# Vep cpu



## Robert S Parker (Jan 24, 2022)

Hi all 

I have my slave machine all setup and I’m wondering if having one instant of Kontakt with multiple patches or multiple instances of Kontakt per patch is best. 

Im currently running one Kontakt instance with multiple patches and my server seems to be struggling. 

Toms (junkie xl) has shown his servers many times and tho I don’t have 3, according to him one can run 1200 instances of Kontakt easily. And my machine has a better cpu and more ram then the ones he has and just can’t do it. 

If anyone has any tips on optimizing servers for vep please help me out, I greatly appreciate it. Thanks! 

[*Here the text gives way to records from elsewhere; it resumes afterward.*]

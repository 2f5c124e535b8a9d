-- ===== src/Lib.antt =====
-- distributePKI: a public-key directory that a cluster keeps by PBFT consensus.
--
-- The program has two parts. src/pbft is the consensus node: a client's request becomes a
-- pre-prepare of the view's primary, prepares and commits of all nodes, and at the quorum of commits
-- the request is handed to the client; every hundredth sequence number is checkpointed; a silent
-- primary is replaced by a view change. src/distributepki is the key server: it checks a client's
-- operation, proposes it to the consensus node and applies what is committed to its key store.
--
-- Which file models what (a file with no folder is one of src/pbft):
--   Pbft/SlotId, Config    common.go: SlotId, Before, BeforeOrEqual, LeaderFor
--   Pbft/Messages          messages.go, common.go: the messages, Slot, the configuration
--   Pbft/Json              messages.go: MarshalJSON and UnmarshalJSON of the four maps
--   Pbft/Library           what is taken from crypto/sha256, encoding/json and openpgp; the node's
--                          immutable fields
--   Pbft/Signing           signing.go: Sign and SignatureValid of each message
--   Pbft/Replies           signing.go: the digest of ClientReply
--   Pbft/Node              node.go: PBFTNode's mutable fields, StartNode's state, the helpers, timers
--   Pbft/Start             node.go: StartNode's keys and peers
--   Pbft/Normal            node.go: handleClientRequest (Requests), handlePrePrepare (PrePrepares),
--                          handlePrepare and handleCommit (Quorums)
--   Pbft/Rpc               node.go, view_change.go, checkpoint.go: the methods that peers call
--   Pbft/Checkpoints       checkpoint.go
--   Pbft/ViewChanges       view_change.go: startViewChange, enterNewView
--   Pbft/NewViews          view_change.go: generatePrepreparesForNewView (Surveying, Leading),
--                          handleViewChange (Leading), handleNewView (Entering)
--   Pbft/Heartbeat         node.go: handleHeartbeatTimeout, sendHeartbeat, heartbeatMessage
--   Pbft/MainLoop          node.go: handleMessages; debug.go: handleDebug, blockUntilUp
--   Util                   src/distributepki/util/shared.go: SendRpc, GetHostname
--   Server/Keystore        src/distributepki/keystore/keystore.go
--   Server/Kvstore         src/distributepki/keystore/kvstore.go
--   Server/ClientApi       src/distributepki/clientapi/interface.go
--   Server/KeyNode         src/distributepki/keynode.go: CreateKey, UpdateKey, LookupKey, handleUpdates,
--                          handleCommit and the two snapshot handlers
--   Server/Http            src/distributepki/keynode.go: handlerWithContext, waitForCommit
--   Server/Commands        src/distributepki/main.go
--   Server/Spawn           src/distributepki/keynode.go: SpawnKeyNode; main.go: StartNode
--   Server/Console         src/distributepki/debug.go: the commands of the console
--   Server/HttpClient      src/distributepki/debug.go: getSignedPut, doPut, doGet
--   Server/Authority       src/mock_authority/main.go: handler, LoadConfig
--   Server/AuthorityMain   src/mock_authority/main.go: main; util/shared.go: ReadPgpKeyFile
-- Fixtures, Runs and the modules whose names end in Examples hold the tests, and the other modules lemmas
-- and theorems. Pbft/Contents is the rule by which a property of every slot is kept through a run: its
-- record IsKept is what has to be shown, and Digests, which does it for the digests alone, and SameRequests
-- fill it. Server/Directory is the
-- key store up to what a lookup finds, and Server/Cluster joins the key server and the consensus node.
--
-- How the code is read. A handler is a function from the node's state to its state. A call to a peer,
-- or a value sent on a channel to the client, is put in front of the list `sent`; the order of effects
-- is that of the code. A handler that can end the process (a nil pointer, an index of an empty list,
-- a call of plog.Fatal) returns an Option, and none is the end of the process; in a cluster with no
-- nodes, where LeaderFor panics, isPrimary is false instead. The main loop takes its
-- events as a list, so a theorem on all lists covers every order of messages, timers and callbacks.
-- A key store's map is nil once a snapshot of JSON's null was taken: KeyNode is a key server with a map,
-- Server one with a map or a nil one, and an assignment into a nil map is the end of the process.
-- A Go map is an association list in which a key stands once; a range over a map follows the list,
-- one of the orders that Go may choose. Log lines have no effect.
--
-- Numbers. Views, sequence numbers and ids are natural numbers: a negative number, which only a
-- malformed message could carry, and the overflow of a 64-bit int are not modelled. LeaderFor's cut to
-- 32 bits is. Where a text is read as a number, in the JSON keys and in the console, an int is its value
-- modulo 2 ^ 64. A digest is one number, a byte string a list of numbers, a duration is in nanoseconds.
--
-- Fuel and loops. Every loop is over a list, but for SendRpc's, which takes fuel: one round is enough.
-- The digits of an int take at most 19 rounds.
--
-- Not modelled: the network and the file system, which are parameters, listening sockets, the buffering
-- of channels, two requests of one digest that wait at once, and the processes of a cluster once they
-- are started.
pub mod Base
pub mod Pbft
pub mod Server
pub mod Util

Server specs: intel Xeon x5670 @ 2.93 x2 
128 gb ram
Windows 10 pro


----------



## José Herring (Jan 24, 2022)

Robert S Parker said:


> Hi all
> 
> I have my slave machine all setup and I’m wondering if having one instant of Kontakt with multiple patches or multiple instances of Kontakt per patch is best.
> 
> ...


Somebody did a video a few years ago and proved that running one instances of Kontakt in VEPro per patch was better than running it multi-timbrally. I always did multi-timbral from the begging due to my long association with hardware prior to that and honestly I never really liked working in VEPro. Recently I dropped VEPro entirely. If (probably more like when) I go back to VEPro, I'll run it one instances per patch. I'm forced to do that with other players and it just works out better imo.

edit: I think this is the video


----------



## mscp (Jan 24, 2022)

Robert S Parker said:


> Hi all
> 
> I have my slave machine all setup and I’m wondering if having one instant of Kontakt with multiple patches or multiple instances of Kontakt per patch is best.
> 
> ...


Can you give us more information about what you need to accomplish with your template? 

All I can say right now is you're right...you cannot run 1200 kontakt instances with what you have because you don't have enough cpu and more importantly, RAM.


----------



## Robert S Parker (Jan 24, 2022)

mscp said:


> Can you give us more information about what you need to accomplish with your template?
> 
> All I can say right now is you're right...you cannot run 1200 kontakt instances with what you have because you don't have enough cpu and more importantly, RAM.


I’m just trying to get more out of the machine. If Tom can run 1200 instances with 96gb of ram and a similar cpu why is mine struggling, unless he misspoke. 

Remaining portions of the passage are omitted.